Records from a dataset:
== == ==
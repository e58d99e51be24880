-- ===== src/Message/Tests.antt =====
-- Instances for the iterator of nwep/src/message.rs and for the readers of a message.
use nwep_rs.Base.{pos, ◌-◌, ◌≡◌, true, some, List, Bytes, ascii, length, arith}
use nwep_rs.Message.{MessageApi, new, collect, size_hint}
use nwep_rs.Message.WireOrder.{ReadsFrom, advanced, collect_lem}

abbrev three_headers : MessageApi
three_headers = record {
  header_count = 3;
  header_at = λ i. record { rc = pos 0; name = some (ascii "name"); value = some (ascii "v") };
  utf8 = λ s. true;
}

collect_lem_example :
    (xs : List (Bytes × Bytes)) × (collect 4 three_headers
        (advanced 1 three_headers (new three_headers))
      ≡ some xs)
    × ReadsFrom three_headers 1 (3 - 1) xs
    × (size_hint (advanced 1 three_headers (new three_headers)) ≡ length xs)
collect_lem_example = collect_lem three_headers 1 (omega arith)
== == ==
WHAT YOU NEED TO DO:
Please give the full set of data again exactly.

YOUR RESPONSE:
repository e58d99e51be24880
-- ===== src/Message/Tests.antt =====
-- Instances for the iterator of nwep/src/message.rs and for the readers of a message.
use nwep_rs.Base.{pos, ◌-◌, ◌≡◌, true, some, List, Bytes, ascii, length, arith}
use nwep_rs.Message.{MessageApi, new, collect, size_hint}
use nwep_rs.Message.WireOrder.{ReadsFrom, advanced, collect_lem}

abbrev three_headers : MessageApi
three_headers = record {
  header_count = 3;
  header_at = λ i. record { rc = pos 0; name = some (ascii "name"); value = some (ascii "v") };
  utf8 = λ s. true;
}

collect_lem_example :
    (xs : List (Bytes × Bytes)) × (collect 4 three_headers
        (advanced 1 three_headers (new three_headers))
      ≡ some xs)
    × ReadsFrom three_headers 1 (3 - 1) xs
    × (size_hint (advanced 1 three_headers (new three_headers)) ≡ length xs)
collect_lem_example = collect_lem three_headers 1 (omega arith)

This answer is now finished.